Wednesday, January 9, 2013

Bryson Chapter #4

Quote- "Today, scientists have at their disposal machines so precise they can detect the weight of a single bacterium and so sensitive that readings can be disturbed by someone yawning seventy-five feet away, but they have not significantly improved on Cavendish's measurements of 1791."

Questions- How are scientists today, with so much new technology and machines, not able to improve Cavendish's measurements dating back to 1791? How accurate is Canvendish's estimate? Are scientists today thinking of a better way to more accurately find the Earth's weight? Will we ever know what the exact weight of the Earth is?
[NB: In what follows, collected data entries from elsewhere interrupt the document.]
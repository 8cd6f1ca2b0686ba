-- ===== src/Rows.antt =====
-- The rows of cartons, shipments and tracking (wms/models_domain/shipment.py) and the database as
-- far as the modelled operations read and write it. A row object of the program is its key here:
-- within a request the objects are in step with their rows.
use asf_wms.Prelude.{ℕ, ℤ, Option, List, Bool, ◌==◌, eq_option, some}
use asf_wms.Text.{Text}
use asf_wms.Stock.{Stock}
use Prim.Native.String.{String}

pub data ShipmentStatus : Type 0 where
  draft picking packed planned shipped received_correspondent delivered : ShipmentStatus

pub data CartonStatus : Type 0 where
  draft picking packed assigned labeled shipped : CartonStatus

pub data TrackingStatus : Type 0 where
  planning_ok planned moved_export boarding_ok received_correspondent received_recipient :
      TrackingStatus

-- The columns of a shipment that the operations read or write.
pub record Shipment : Type 0 where
  pub id : ℕ
  pub reference : Text
  pub status : ShipmentStatus
  pub is_disputed : Bool
  pub disputed_at : Option ℕ
  pub ready_at : Option ℕ

pub record CartonItem : Type 0 where
  pub product_lot : ℕ
  pub quantity : ℤ
  pub display_expires_on : Option ℕ

-- A carton with its items (`cartonitem_set`), oldest first.
pub record Carton : Type 0 where
  pub id : ℕ
  pub code : Text
  pub status : CartonStatus
  pub shipment : Option ℕ
  pub preassigned_destination : Option ℕ
  pub current_location : Option ℕ
  -- in hundredths of a centimetre
  pub length_cm : Option ℕ
  pub width_cm : Option ℕ
  pub height_cm : Option ℕ
  pub prepared_by : Option ℕ
  -- the local date of `created_at`, as `YYYYMMDD`
  pub created_on : Text
  pub items : List CartonItem

pub record CartonStatusEvent : Type 0 where
  pub carton : ℕ
  pub previous_status : CartonStatus
  pub new_status : CartonStatus
  pub reason : String
  pub created_by : Option ℕ

pub record TrackingEvent : Type 0 where
  pub shipment : ℕ
  pub status : TrackingStatus
  pub actor_name : Text
  pub actor_structure : Text
  pub comments : Text
  pub created_by : Option ℕ

-- `ShipmentSequence` (wms/models_domain/inventory.py)
pub record ShipmentSequence : Type 0 where
  pub year : ℕ
  pub last_number : ℕ

-- The logs have their newest entry first, as the models order them.
pub record Db : Type 0 where
  pub stock : Stock
  pub cartons : List Carton
  pub shipments : List Shipment
  pub status_events : List CartonStatusEvent
  pub tracking_events : List TrackingEvent
  pub shipment_sequences : List ShipmentSequence
  -- the next primary key of the carton table
  pub next_carton : ℕ

-- `timezone.now()` and the year of `timezone.localdate()`
pub record Clock : Type 0 where
  pub now : ℕ
  pub year : ℕ

abbrev pub shipment_pk : Shipment → ℕ
shipment_pk s = s.id

abbrev pub carton_pk : Carton → ℕ
carton_pk c = c.id

abbrev pub sequence_pk : ShipmentSequence → ℕ
sequence_pk q = q.year

abbrev pub shipment_code : ShipmentStatus → ℕ
shipment_code draft = 0
shipment_code picking = 1
shipment_code packed = 2
shipment_code planned = 3
shipment_code shipped = 4
shipment_code received_correspondent = 5
shipment_code delivered = 6

abbrev pub carton_code : CartonStatus → ℕ
carton_code draft = 0
carton_code picking = 1
carton_code packed = 2
carton_code assigned = 3
carton_code labeled = 4
carton_code shipped = 5

abbrev pub tracking_code : TrackingStatus → ℕ
tracking_code planning_ok = 0
tracking_code planned = 1
tracking_code moved_export = 2
tracking_code boarding_ok = 3
tracking_code received_correspondent = 4
tracking_code received_recipient = 5

-- `==` on statuses
abbrev pub same_shipment_status : ShipmentStatus → ShipmentStatus → Bool
same_shipment_status a b = shipment_code a == shipment_code b

abbrev pub same_carton_status : CartonStatus → CartonStatus → Bool
same_carton_status a b = carton_code a == carton_code b

abbrev pub same_tracking_status : TrackingStatus → TrackingStatus → Bool
same_tracking_status a b = tracking_code a == tracking_code b

-- `shipment.carton_set`
abbrev pub in_shipment : ℕ → Carton → Bool
in_shipment shipment c = eq_option c.shipment (some shipment)
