-- ===== src/Text/Words.antt =====
-- Texts of the program's sentences, and `text.strip()`.
use Prim.Native.Char.{code}
use Prim.Native.String.{String}
use asf_wms.Prelude.{ℕ, leb, Bool, ◌&&◌, ◌||◌, Option, none, some, [], ◌∷◌, if◌then◌else◌}
use asf_wms.Text.{Text}

-- A sentence as code points.
abbrev pub codes : String → Text
codes String.[] = []
codes (String.◌∷◌ c s) = code c ∷ codes s

-- White space of ASCII.
abbrev pub is_space : ℕ → Bool
is_space c = (leb 9 c && leb c 13) || (leb 28 c && leb c 32)

abbrev pub drop_spaces : Text → Text
drop_spaces [] = []
drop_spaces (c ∷ cs) = let rest = drop_spaces cs in if is_space c then rest else c ∷ cs

-- Adds a character in front of a text that has no space at its end, but for a last space.
abbrev pub keep : ℕ → Text → Text
keep c [] = if is_space c then [] else c ∷ []
keep c (d ∷ ds) = c ∷ d ∷ ds

abbrev pub drop_last_spaces : Text → Text
drop_last_spaces [] = []
drop_last_spaces (c ∷ cs) = keep c (drop_last_spaces cs)

-- `text.strip()`
abbrev pub strip : Text → Text
strip t = drop_last_spaces (drop_spaces t)

-- `text or default`
abbrev pub or_text : Text → Text → Text
or_text [] d = d
or_text (c ∷ cs) d = c ∷ cs

-- `text or ""`, for a text that may be missing
abbrev pub text_or_empty : Option Text → Text
text_or_empty none = []
text_or_empty (some t) = t
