-- ===== src/Shipment/Reference.antt =====
-- References of shipments (wms/reference_sequences.py, `generate_shipment_reference`) and the
-- saving of a shipment (wms/models_domain/shipment.py, `Shipment.save`), without its QR code.
pub mod Laws
use asf_wms.Prelude.{
  ℕ, suc, ◌+◌, ◌%◌, ◌==◌, Bool, true, false, ◌&&◌, ◌||◌, not, Option, none, some, List, [], ◌∷◌,
  ◌++◌, map, length, filter, if◌then◌else◌,
}
use asf_wms.Prelude.Table.{find, update}
use asf_wms.Prelude.OrderBy.{order_by}
use asf_wms.Text.{Text, is_digits, value, padded, starts_with}
use asf_wms.Text.Words.{strip}
use asf_wms.Rows.{
  ShipmentStatus, Shipment, ShipmentSequence, Db, Clock, shipment_pk, sequence_pk,
  same_shipment_status,
}

-- `f"{year % 100:02d}"`
unfoldable pub year_prefix : ℕ → Text
year_prefix year = padded 2 (year % 100)

-- `text[2:]`
abbrev pub drop_two : Text → Text
drop_two (a ∷ b ∷ t) = t
drop_two _ = []

abbrev pub last : List Text → Option Text
last [] = none
last (t ∷ []) = some t
last (t ∷ u ∷ ts) = last (u ∷ ts)

abbrev pub own_text : Text → Text
own_text t = t

abbrev pub shipment_reference : Shipment → Text
shipment_reference s = s.reference

-- The greatest six-character reference of the year, in text order: `order_by("-reference").first()`.
pub last_reference : ℕ → List Shipment → Option Text
last_reference year shipments = last (
    order_by own_text (
      filter (λ t. starts_with t (year_prefix year) && length t == 6)
        (map shipment_reference shipments)))

-- The number that a new sequence starts from.
pub number_of : Option Text → ℕ
number_of none = 0
number_of (some t) = if is_digits t then value (drop_two t) else 0

-- `f"{year_prefix}{number:04d}"`
unfoldable pub format_reference : ℕ → ℕ → Text
format_reference year number = year_prefix year ++ padded 4 number

abbrev pub last_number_of : Option ShipmentSequence → ℕ → ℕ
last_number_of none start = start
last_number_of (some q) start = q.last_number

-- The stored or the new sequence of the year, one number on. No other request runs between the
-- read and the write, so that the `IntegrityError` of a concurrent creation does not occur.
unfoldable pub next_number : ℕ → Db → ℕ
next_number year db = suc (
    last_number_of (find sequence_pk year db.shipment_sequences)
      (number_of (last_reference year db.shipments)))

unfoldable pub store_number : ℕ → ℕ → List ShipmentSequence → List ShipmentSequence
store_number year number [] = record { year = year; last_number = number } ∷ []
store_number year number (q ∷ qs) =
    if q.year == year
    then record q { last_number = number } ∷ qs
    else q ∷ store_number year number qs

unfoldable pub generate_shipment_reference : Clock → Db → Text × Db
generate_shipment_reference clock db =
    let number = next_number clock.year db in
    (
      format_reference clock.year number,
      record db { shipment_sequences = store_number clock.year number db.shipment_sequences },
    )

-- "EXP-TEMP-"
abbrev pub temp_shipment_reference_prefix : Text
temp_shipment_reference_prefix = b'E' ∷ b'X' ∷ b'P' ∷ b'-' ∷ b'T' ∷ b'E' ∷ b'M' ∷ b'P' ∷ b'-' ∷ []

-- `_should_promote_temp_reference`
unfoldable pub should_promote_temp_reference : Shipment → Bool
should_promote_temp_reference s =
    starts_with (strip s.reference) temp_shipment_reference_prefix
    && not (same_shipment_status s.status ShipmentStatus.draft)

abbrev pub is_empty : Text → Bool
is_empty [] = true
is_empty (_ ∷ _) = false

-- A shipment without a reference, and one with a temporary reference that is no draft any more,
-- get a new reference.
unfoldable pub needs_reference : Shipment → Bool
unfolding should_promote_temp_reference
needs_reference s = is_empty s.reference || should_promote_temp_reference s

-- `shipment.save(update_fields=…)` of a stored shipment.
unfoldable pub save_shipment : Clock → Shipment → Db → Db
save_shipment clock s db =
    let (reference, numbered) = generate_shipment_reference clock db in
    let renamed = record s { reference = reference } in
    if needs_reference s
    then record numbered { shipments = update shipment_pk s.id (λ _. renamed) db.shipments }
    else record db { shipments = update shipment_pk s.id (λ _. s) db.shipments }
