-- ===== src/Shipment/Status.antt =====
-- Statuses of cartons and their history (wms/carton_status_events.py), and the status of a shipment
-- as it follows from its cartons (wms/shipment_status.py). A carton's log lines
-- (wms/workflow_observability.py) are left out.
pub mod Laws
use asf_wms.Prelude.{
  ℕ, suc, ◌+◌, ◌==◌, ltb, Bool, true, false, ◌&&◌, ◌||◌, not, Option, none, some, List, [], ◌∷◌,
  length, filter, if◌then◌else◌, is_some,
}
use asf_wms.Prelude.Table.{find, update}
use asf_wms.Rows.{
  ShipmentStatus, CartonStatus, Shipment, Carton, Db, Clock, shipment_pk, carton_pk,
  same_shipment_status, same_carton_status, in_shipment,
}
use asf_wms.Shipment.Reference.{save_shipment}
use Prim.Native.String.{String}

-- `set_carton_status` on a carton object whose new columns stand in `c`; `user` is the acting user
-- if he is known and signed in, else none.
unfoldable pub set_carton_status : Option ℕ → String → CartonStatus → Carton → Db → Db
set_carton_status user reason new_status c db =
    if same_carton_status c.status new_status then db else record db {
      cartons = update carton_pk c.id (λ _. record c { status = new_status }) db.cartons;
      status_events =
          record {
            carton = c.id;
            previous_status = c.status;
            new_status = new_status;
            reason = reason;
            created_by = user;
          }
          ∷ db.status_events;
    }

abbrev pub is_locked : ShipmentStatus → Bool
is_locked ShipmentStatus.planned = true
is_locked ShipmentStatus.shipped = true
is_locked ShipmentStatus.received_correspondent = true
is_locked ShipmentStatus.delivered = true
is_locked _ = false

-- `LABELED_CARTON_STATUSES`
abbrev pub is_labeled : CartonStatus → Bool
is_labeled CartonStatus.labeled = true
is_labeled CartonStatus.shipped = true
is_labeled _ = false

-- The label shown: "CRÉATION", "EN COURS (labeled/total)", "PRÊT".
pub data ProgressLabel : Type 0 where
  creation : ProgressLabel
  in_progress : ℕ → ℕ → ProgressLabel
  ready : ProgressLabel

pub record Progress : Type 0 where
  pub total : ℕ
  pub labeled : ℕ
  pub status : ShipmentStatus
  pub label : ProgressLabel

unfoldable pub compute_shipment_progress : ℕ → List Carton → Progress
compute_shipment_progress shipment all_cartons =
    let cartons = filter (in_shipment shipment) all_cartons in
    let total = length cartons in
    let labeled = length (filter (λ (c : Carton). is_labeled c.status) cartons) in
    if total == 0
    then record {
      total = total;
      labeled = labeled;
      status = ShipmentStatus.draft;
      label = creation;
    }
    else if ltb labeled total
    then record {
      total = total;
      labeled = labeled;
      status = ShipmentStatus.picking;
      label = in_progress labeled total;
    }
    else record { total = total; labeled = labeled; status = ShipmentStatus.packed; label = ready }

abbrev pub is_packed : ShipmentStatus → Bool
is_packed status = same_shipment_status status ShipmentStatus.packed

-- `updates.get("ready_at", shipment.ready_at)`
pub synced_ready_at : ℕ → ShipmentStatus → Shipment → Option ℕ
synced_ready_at now new_status s =
    if is_packed new_status
    then (if not (is_packed s.status) || not (is_some s.ready_at) then some now else s.ready_at)
    else none

-- `if updates`
pub needs_sync : ShipmentStatus → Shipment → Bool
needs_sync new_status s =
    not (same_shipment_status s.status new_status)
    || (if is_packed new_status
        then not (is_packed s.status) || not (is_some s.ready_at)
        else is_some s.ready_at)

unfoldable pub sync_row : Clock → Shipment → Db → Db
unfolding synced_ready_at needs_sync
sync_row clock s db =
    let new_status = (compute_shipment_progress s.id db.cartons).status in
    if is_locked s.status
    then db
    else if needs_sync new_status s
    then save_shipment clock
        (record s { status = new_status; ready_at = synced_ready_at clock.now new_status s }) db
    else db

pub sync_found : Clock → Option Shipment → Db → Db
sync_found clock none db = db
sync_found clock (some s) db = sync_row clock s db

-- The argument is the key of a stored shipment.
unfoldable pub sync_shipment_ready_state : Clock → ℕ → Db → Db
unfolding sync_found
sync_shipment_ready_state clock shipment db =
    sync_found clock (find shipment_pk shipment db.shipments) db
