-- ===== src/Carton/Code.antt =====
-- The codes of new cartons (wms/domain/stock.py, `generate_carton_code`). Type codes are ASCII.
pub mod Distinct
pub mod Types
pub mod Ensure
use asf_wms.Prelude.{
  ℕ, zero, suc, ◌-◌, ◌==◌, leb, Bool, true, false, ◌&&◌, List, [], ◌∷◌, ◌++◌, map, length, take,
  if◌then◌else◌,
}
use asf_wms.Text.{Text, padded, text_eq}
use asf_wms.Text.Words.{strip}

-- `CartonSequence` (wms/models_domain/inventory.py)
pub record CartonSequence : Type 0 where
  pub family : Text
  pub last_number : ℕ

abbrev pub upper : ℕ → ℕ
upper c = if leb b'a' c && leb c b'z' then c - 32 else c

-- `text.ljust(2, "X")[:2]`, and "XX" for the empty text
abbrev pub two_characters : Text → Text
two_characters [] = b'X' ∷ b'X' ∷ []
two_characters (c ∷ []) = c ∷ b'X' ∷ []
two_characters (c ∷ d ∷ _) = c ∷ d ∷ []

-- An absent type code is the empty text.
unfoldable pub normalize_carton_family : Text → Text
normalize_carton_family type_code = two_characters (map upper (strip type_code))

-- `sequence.last_number += 1` on the family's row, which is created at 0 where it is missing. No other
-- request creates it in between, so that there is no `IntegrityError`.
unfoldable pub next_in_family : Text → List CartonSequence → ℕ × List CartonSequence
next_in_family family [] = (1, record { family = family; last_number = 1 } ∷ [])
next_in_family family (q ∷ qs) =
    let (n, rest) = next_in_family family qs in
    if text_eq q.family family
    then (suc q.last_number, record q { last_number = suc q.last_number } ∷ qs)
    else (n, q ∷ rest)

unfoldable pub next_linear_carton_sequence : Text → List CartonSequence → ℕ × List CartonSequence
next_linear_carton_sequence type_code qs = next_in_family (normalize_carton_family type_code) qs

-- `f"{family}-{sequence:05d}"`
unfoldable pub format_linear_carton_code : Text → ℕ → Text
format_linear_carton_code type_code n = normalize_carton_family type_code ++ b'-' ∷ padded 5 n

unfoldable pub generate_carton_code : Text → List CartonSequence → Text × List CartonSequence
generate_carton_code type_code qs =
    let (n, qs') = next_linear_carton_sequence type_code qs in
    (format_linear_carton_code type_code n, qs')

-- The codes of a run of calls, with these type codes.
unfoldable pub generate_codes : List Text → List CartonSequence → List Text
generate_codes [] qs = []
generate_codes (t ∷ ts) qs =
    let (code, qs') = generate_carton_code t qs in code ∷ generate_codes ts qs'
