-- ===== src/Carton/Code/Types.antt =====
-- The type code of a carton (wms/domain/stock.py, `_dominant_type_code` and `_normalize_type_code`).
use asf_wms.Prelude.{
  ℕ, leb, ℤ, pos, ◌+ℤ◌, ltb_ℤ, Bool, true, false, ◌&&◌, ◌||◌, Option, none, some, List, [], ◌∷◌,
  map, filter, if◌then◌else◌,
}
use asf_wms.Prelude.Int.{times}
use asf_wms.Prelude.Table.{find}
use asf_wms.Text.{Text, text_eq, is_digit}
use asf_wms.Stock.{ProductLot, lot_pk}
use asf_wms.Rows.{CartonItem}
use asf_wms.Catalog.{PackedProduct, product_pk, root_category_name}
use asf_wms.Carton.Code.{upper, two_characters}

abbrev pub is_word_char : ℕ → Bool
is_word_char c = (leb b'A' c && leb c b'Z') || (leb b'a' c && leb c b'z') || is_digit c

abbrev pub push : ℕ → List Text → List Text
push c [] = (c ∷ []) ∷ []
push c (w ∷ ws) = (c ∷ w) ∷ ws

-- The pieces between the characters that are in no word.
unfoldable pub pieces : Text → List Text
pieces [] = [] ∷ []
pieces (c ∷ cs) = let rest = pieces cs in if is_word_char c then push c rest else [] ∷ rest

abbrev pub is_word : Text → Bool
is_word [] = false
is_word (_ ∷ _) = true

-- The code before `upper()`: the initials of the first two words, or the start of the only one.
abbrev pub initials : List Text → Text
initials ((a ∷ _) ∷ (b ∷ _) ∷ _) = a ∷ b ∷ []
initials ((a ∷ []) ∷ []) = a ∷ []
initials ((a ∷ b ∷ _) ∷ []) = a ∷ b ∷ []
initials _ = []

-- `two_characters` fills up with "X", and is "XX" where there is no word.
unfoldable pub normalize_type_code : Text → Text
normalize_type_code ascii = two_characters (map upper (initials (filter is_word (pieces ascii))))

-- The entries of `weight_by_type` and `qty_by_type` under one key; both have the same keys in the
-- same order.
pub record TypeTotal : Type 0 where
  pub code : Text
  pub weight : ℤ
  pub quantity : ℤ

unfoldable pub add_type : Text → ℤ → ℤ → List TypeTotal → List TypeTotal
add_type code w q [] = record { code = code; weight = w; quantity = q } ∷ []
add_type code w q (t ∷ ts) =
    let rest = add_type code w q ts in
    if text_eq t.code code
    then record t { weight = t.weight +ℤ w; quantity = t.quantity +ℤ q } ∷ ts
    else t ∷ rest

-- `max(dictionary, key=dictionary.get)`: the first of the greatest.
unfoldable pub greatest : (TypeTotal → ℤ) → TypeTotal → List TypeTotal → TypeTotal
greatest f best [] = best
greatest f best (t ∷ ts) = greatest f (if ltb_ℤ (f best) (f t) then t else best) ts

unfoldable pub dominant : List TypeTotal → Text
dominant [] = b'X' ∷ b'X' ∷ []
dominant (t ∷ ts) =
    let heaviest = greatest (λ e. e.weight) t ts in
    if ltb_ℤ (pos 0) heaviest.weight then heaviest.code else (greatest (λ e. e.quantity) t ts).code

-- `fold` leaves the ASCII characters of a text (`unicodedata.normalize` and `encode`).
module _ (fold : Text → Text) where
  abbrev pub add_item_type : Option PackedProduct → ℤ → List TypeTotal → List TypeTotal
  add_item_type none q ts = ts
  add_item_type (some p) q ts =
      add_type (normalize_type_code (fold (root_category_name p))) (times p.weight_g q) q ts

  abbrev pub product_of : List PackedProduct → Option ProductLot → Option PackedProduct
  product_of products none = none
  product_of products (some l) = find product_pk l.product products

  -- The loop over the items. The foreign keys of an item's lot and product always lead to rows.
  unfoldable pub type_totals :
      List PackedProduct → List ProductLot → List CartonItem → List TypeTotal → List TypeTotal
  type_totals products lots [] ts = ts
  type_totals products lots (i ∷ is) ts =
      type_totals products lots is
        (add_item_type (product_of products (find lot_pk i.product_lot lots)) i.quantity ts)

  unfoldable pub dominant_type_code : List PackedProduct → List ProductLot → List CartonItem → Text
  dominant_type_code products lots items = dominant (type_totals products lots items [])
Comment- I thought it was really interesting how scientists back then were able to find all of these things even though they didn't have the kinds of machines and technology we have now. For example, as it said in the chapter, "Interestingly, all of this merely confirmed estimates made by Newton 110 years before Cavendish without any experimental evidence at all." It is really amazing how scientists like Newton were able to do very precise estimates, without much experiments to back up their numbers. It seemed as if scientists back then spent most of their lives trying to do a new discovery and would spend many, many years trying to prove old theories. There were lots of scientists traveling to other places of the world trying to prove new things. As said in the chapter, "With the instinct for ordeal that characterized the age, scientists set off for more than a hundred locations around the globe...It was history's first cooperative international scientific venture..." I think it seems as though scientists back then discovered more things than scientists now because scientists now have less things to discover since a lot of things were discovered by scientists back then.